_Task to carry out_
Go to the line in the entries below that holds "abbrev uart : Ports State" and repeat exactly from there through the line that holds "takes = λ c u e. refl;", inclusive.

** Dataset records follows **

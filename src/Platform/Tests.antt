-- ===== src/Platform/Tests.antt =====
-- A serial port that is busy for three reads after each byte, and the witnesses of the platform's
-- theorems.
use mathlib.Core.List.{map}
use wnu.Prelude.{ℕ, ◌-◌, ◌%◌, ◌≡◌, refl, some, List, [], ◌∷◌, ◌++◌, ◌==◌, if◌then◌else◌, arith}
use wnu.Str.{codes}
use wnu.Platform.{Ports, serial_write}
use wnu.Platform.Laws.{FollowsUart, serial_write_sends}

abbrev State : Type 0
State = ℕ × List ℕ

abbrev busy : State → ℕ
busy u = u.0

abbrev out : State → List ℕ
out u = u.1

abbrev uart : Ports State
uart = record {
  inb = λ p u. (if u.0 == 0 then 0x60 else 0x40, (u.0 - 1, u.1));
  outb = λ p c u. (3, u.1 ++ c ∷ []);
}

uart-FollowsUart : FollowsUart uart busy out 3
uart-FollowsUart = record {
  waits = λ u e. ground arith;
  empty = λ u e. ground arith;
  quiet = λ u. refl;
  takes = λ c u e. refl;
  bounded = λ c u. omega arith;
}

serial_write_sends_example :
    (v : State) × (serial_write uart 4 (some (codes "ok")) (3, []) ≡ some v)
    × (out v ≡ map (λ c. c % 256) (codes "ok"))
serial_write_sends_example =
    serial_write_sends uart busy out 3 uart-FollowsUart 4 (codes "ok") (3, []) (omega arith)
      (omega arith)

** End of Dataset records **

_Task solution_
abbrev uart : Ports State
uart = record {
  inb = λ p u. (if u.0 == 0 then 0x60 else 0x40, (u.0 - 1, u.1));
  outb = λ p c u. (3, u.1 ++ c ∷ []);
}

uart-FollowsUart : FollowsUart uart busy out 3
uart-FollowsUart = record {
  waits = λ u e. ground arith;
  empty = λ u e. ground arith;
  quiet = λ u. refl;
  takes = λ c u e. refl;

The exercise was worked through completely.